Os erros não são mais pontuais. Já viraram padrão.
Depois da polêmica contra o Flamengo, pela Copa do Brasil, o Esporte Clube Vitória voltou a ser diretamente prejudicado pela arbitragem — desta vez no Campeonato Brasileiro, contra o Athletico Paranaense.
E não dá mais para tratar como coincidência.
Em sequência, decisões absurdas: agressões ignoradas, expulsões que não vieram e um pênalti simplesmente inexistente validado. Tudo isso sem sequer revisão do VAR. Nenhuma. Zero.
O roteiro se repete: o Vitória faz sua parte, compete, cria, e vê o resultado escapar por erros que, hoje, são injustificáveis no futebol profissional.
E aí surge o debate que muita gente tenta desqualificar: é “chororô”? Não. São fatos.
Há uma sensação — cada vez mais difícil de ignorar — de que, na dúvida, a balança pesa contra clubes fora do eixo Sul-Sudeste. E isso não nasce de um jogo isolado, mas de um acúmulo histórico.
Enquanto isso:
- Jogadores e técnicos são punidos por reclamar
- Dirigentes cobram e nada acontece
- Árbitros seguem protegidos, sem dar explicações
- E até hoje, por exemplo, o áudio do VAR de Flamengo x Vitória não foi divulgado
Quem responde por isso?
O futebol virou um ambiente onde quem erra menos é punido, e quem erra mais segue blindado.

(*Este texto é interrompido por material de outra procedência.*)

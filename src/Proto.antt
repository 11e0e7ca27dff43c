-- ===== src/Proto.antt =====
-- Protocol messages, as records of the fields that the harness reads or writes, and the package
-- anypb as a parameter: it packs a message into an `Any` and takes it out again.
use xds_test_harness.Base.{Option, none, some, List, ◌≡◌}
use xds_test_harness.Text.{Text}

-- discovery.DiscoveryRequest; the node is its id.
pub record DiscoveryRequest : Type 0 where
  pub version_info : Text
  pub node : Option Text
  pub resource_names : List Text
  pub type_url : Text
  pub response_nonce : Text

-- discovery.DeltaDiscoveryRequest
pub record DeltaDiscoveryRequest : Type 0 where
  pub node : Option Text
  pub type_url : Text
  pub resource_names_subscribe : List Text
  pub resource_names_unsubscribe : List Text
  pub response_nonce : Text

-- discovery.DiscoveryResponse
pub record DiscoveryResponse (Any : Type 0) : Type 0 where
  pub version_info : Text
  pub resources : List Any
  pub type_url : Text
  pub nonce : Text

-- discovery.DeltaDiscoveryResponse; of a resource the harness reads the name.
pub record DeltaDiscoveryResponse : Type 0 where
  pub system_version_info : Text
  pub resources : List Text
  pub type_url : Text
  pub removed_resources : List Text
  pub nonce : Text

-- anypb.New and UnmarshalTo at one message type. Both can fail, and what was packed is read back.
pub record Codec (Any M : Type 0) : Type 0 where
  pub marshal : M → Option Any
  pub unmarshal : Any → Option M
  pub unmarshal-marshal : (m : M) (a : Any) → marshal m ≡ some a → unmarshal a ≡ some m

-- The message types that the harness packs. Of the four resource types it sets and reads the name.
pub record Anypb (Any : Type 0) : Type 0 where
  pub request : Codec Any DiscoveryRequest
  pub delta_request : Codec Any DeltaDiscoveryRequest
  pub response : Codec Any (DiscoveryResponse Any)
  pub delta_response : Codec Any DeltaDiscoveryResponse
  pub listener : Codec Any Text
  pub cluster : Codec Any Text
  pub endpoint : Codec Any Text
  pub route : Codec Any Text

-- UnmarshalTo of a pointer: a nil `Any` is an error.
abbrev pub unmarshal_to : {Any M : Type 0} → Codec Any M → Option Any → Option M
unmarshal_to c none = none
unmarshal_to c (some a) = c.unmarshal a
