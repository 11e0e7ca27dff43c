-- ===== src/Types.antt =====
-- internal/types/types.go: the variants and the counts of results. The Cucumber records of that file
-- are used by nothing and are left out.
use xds_test_harness.Base.{ℕ, List}
use xds_test_harness.Text.{Text, codes}

-- A variant is a string in the source too.
abbrev pub Variant : Type 0
Variant = Text

abbrev pub sotw_non_aggregated : Variant
sotw_non_aggregated = codes "sotw non-aggregated"

abbrev pub sotw_aggregated : Variant
sotw_aggregated = codes "sotw aggregated"

abbrev pub incremental_non_aggregated : Variant
incremental_non_aggregated = codes "incremental non-aggregated"

abbrev pub incremental_aggregated : Variant
incremental_aggregated = codes "incremental aggregated"

pub record FailedScenario : Type 0 where
  pub name : Text
  pub failed_step : Text
  pub line : Text
  pub error : Text

-- The counts are `int`, 64-bit patterns.
pub record VariantResults : Type 0 where
  pub name : Text
  pub total : ℕ
  pub passed : ℕ
  pub failed : ℕ
  pub skipped : ℕ
  pub undefined : ℕ
  pub pending : ℕ
  pub failed_scenarios : List FailedScenario

-- The counts are `int64`.
pub record Results : Type 0 where
  pub total : ℕ
  pub passed : ℕ
  pub failed : ℕ
  pub skipped : ℕ
  pub undefined : ℕ
  pub pending : ℕ
  pub variants : List Text
  pub results_by_variant : List VariantResults
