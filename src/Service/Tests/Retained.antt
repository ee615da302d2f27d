-- ===== src/Service/Tests/Retained.antt =====
-- Retention over two checkpoints, and the ring of audit events.
use mem_service.Base.{
  ℕ, ◌≤◌, ◌≡◌, refl, sym, subst, min, ◌⊎◌, Bool, true, false, Option, none, some, List, [],
  find_slot, count, get_elem?, arith,
}
use mem_service.Base.Text.{Text, c_str, codes, text_eq, snprintf_text}
use mem_service.Service.{Record, MemService, zero_record, kind_training_artifact}
use mem_service.Service.Records.{alloc_in, alloc_record, find_record}
use mem_service.Service.Records.Valid.{IsValid, RecordValid}
use mem_service.Service.Metadata.{put_record}
use mem_service.Service.Metadata.Puts.{PutResult, put_record_lem}
use mem_service.Service.Metadata.Reachable.{stored-RecordValid, snprintf_key}
use mem_service.Service.Payload.{
  payload_get_string, wire_payload_get_string, first_value, lines, cons_line, byte_is,
}
use mem_service.Service.Idempotency.{prune_idempotency_for_record_key, prune_slot}
use mem_service.Service.Retention.{
  Kept, Retained, record_is_checkpoint, count_checkpoint_records, oldest_from,
  record_matches_retention_kind, count_retained_kind_records, find_oldest_record_index,
  record_has_payload_block, referenced_but, payload_block_is_referenced,
  gc_payload_block_if_orphaned, retire, retain_loop, apply_checkpoint_retention,
  apply_record_retention, expire_loop,
}
use mem_service.Service.Retention.Oldest.{NoneOlder, oldest_from_lem}
use mem_service.Service.Retention.Oldest.Limit.{
  apply_checkpoint_retention-Ends, apply_record_retention-Ends,
}
use mem_service.Service.Retention.Blocks.{Unreferenced, apply_record_retention-Unreferenced}
use mem_service.Service.Tests.{empty_service, empty_service-IsValid}

-- A checkpoint, of a payload block of its own.
abbrev pub checkpoint : Text → ℕ → Record
checkpoint key version = record zero_record {
  in_use = true;
  kind = kind_training_artifact;
  key = snprintf_text 96 key;
  artifact_kind = snprintf_text 64 (codes "checkpoint");
  object_payload_kind = 64;
  object_payload_checksum = version;
  object_publish_monotonic_ms = version;
  version = version;
}

pub checkpoint-RecordValid : (key : Text) (version : ℕ) → RecordValid (checkpoint key version)
unfolding snprintf_text c_str
checkpoint-RecordValid key version = stored-RecordValid (checkpoint key version) [] refl refl refl

pub put-IsValid :
    (svc : MemService) (key : Text) (r : Record) (x : Bool × MemService)
    → PutResult svc key (λ b. b ≡ r) x
    → RecordValid r
    → IsValid svc
    → IsValid x.1
unfolding PutResult
put-IsValid svc key r (true, t) (b, p, same) good v = p.kept v (subst RecordValid (sym same) good)
put-IsValid svc key r (false, t) same good v = subst IsValid (sym same) v

abbrev one : MemService
one = (put_record empty_service (codes "a") (checkpoint (codes "a") 5)).1

abbrev two : MemService
two = (put_record one (codes "b") (checkpoint (codes "b") 4)).1

two-IsValid : IsValid two
unfolding c_str
two-IsValid =
    let a = checkpoint (codes "a") 5 in
    let b = checkpoint (codes "b") 4 in
    put-IsValid one (codes "b") b _
      (put_record_lem one (codes "b") b refl (snprintf_key (codes "b") (omega arith)))
      (checkpoint-RecordValid (codes "b") 4)
      (put-IsValid empty_service (codes "a") a _
        (put_record_lem empty_service (codes "a") a refl (snprintf_key (codes "a") (omega arith)))
        (checkpoint-RecordValid (codes "a") 5) empty_service-IsValid)

two_checkpoints : count_checkpoint_records two ≡ 2
unfolding count_checkpoint_records record_is_checkpoint count put_record find_record find_slot
    alloc_record alloc_in text_eq snprintf_text c_str
two_checkpoints = refl

apply_checkpoint_retention-Ends_example :
    (pruned : Bool) × (gone : List Record) × (svc' : MemService) × (apply_checkpoint_retention 2 two
        1
        (codes "/s")
      ≡ some (pruned, (gone, svc')))
    × IsValid svc'
    × (count_checkpoint_records svc' ≡ min (count_checkpoint_records two) 1)
apply_checkpoint_retention-Ends_example =
    apply_checkpoint_retention-Ends 2 two 1 (codes "/s") two-IsValid (omega arith)
      (omega (arith, two_checkpoints))

abbrev pub every : Kept
every = record { kind = 0; tenant_enabled = false; tenant = 0 }

two_retained : count (record_matches_retention_kind every) two.records ≡ 2
unfolding record_matches_retention_kind count put_record find_record find_slot alloc_record alloc_in
    text_eq snprintf_text c_str
two_retained = refl

apply_record_retention-Ends_example :
    (pruned : Bool) × (gone : List Record) × (svc' : MemService) × (apply_record_retention 2 two 1
        100 every 50
        (codes "/s")
      ≡ some (pruned, (gone, svc')))
    × IsValid svc'
    × (count (record_matches_retention_kind every) svc'.records ≤ 1)
apply_record_retention-Ends_example =
    apply_record_retention-Ends every 2 two 1 100 50 (codes "/s") two-IsValid (omega arith)
      (omega (arith, two_retained))

-- One is given up for the limit of one record; nothing is too old.
abbrev retained_of : Option (Bool × Retained) → Bool × Retained
retained_of none = (false, ([], two))
retained_of (some r) = r

abbrev retained : Bool × Retained
retained = retained_of (apply_record_retention 2 two 1 100 every 50 (codes "/s"))

retained_lem :
    apply_record_retention 2 two 1 100 every 50 (codes "/s")
    ≡ some (retained.0, (retained.1.0, retained.1.1))
unfolding apply_record_retention retain_loop retire expire_loop count_retained_kind_records
    find_oldest_record_index oldest_from record_matches_retention_kind count put_record find_record
    find_slot alloc_record alloc_in text_eq snprintf_text c_str prune_idempotency_for_record_key
    gc_payload_block_if_orphaned record_has_payload_block payload_block_is_referenced referenced_but
    prune_slot payload_get_string wire_payload_get_string first_value lines cons_line byte_is
retained_lem = refl

apply_record_retention-Unreferenced_example : Unreferenced retained.1.0 retained.1.1
apply_record_retention-Unreferenced_example =
    apply_record_retention-Unreferenced 2 two 1 100 every 50 (codes "/s") retained_lem

oldest_from_lem_example :
    ((oldest_from record_is_checkpoint 0 none two.records ≡ none)
      × (count record_is_checkpoint two.records ≡ 0))
    ⊎ ((j : ℕ) × (r : Record) × (oldest_from record_is_checkpoint 0 none two.records ≡ some (j, r))
        × (get_elem? two.records j ≡ some r)
        × (record_is_checkpoint r ≡ true)
        × NoneOlder record_is_checkpoint two.records r)
oldest_from_lem_example = oldest_from_lem record_is_checkpoint two.records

A indignação já ultrapassou dirigentes e jogadores. Está chegando no torcedor — e com força. Tem gente abrindo mão até de acompanhar o futebol brasileiro.
Isso é gravíssimo.
Se há algum caminho para mudança, ele passa por pressão coletiva. União dos clubes, especialmente do Nordeste, e cobrança real por transparência e responsabilidade.
Porque do jeito que está, o jogo não tem sido decidido só dentro de campo.
E isso, simplesmente, é inaceitável.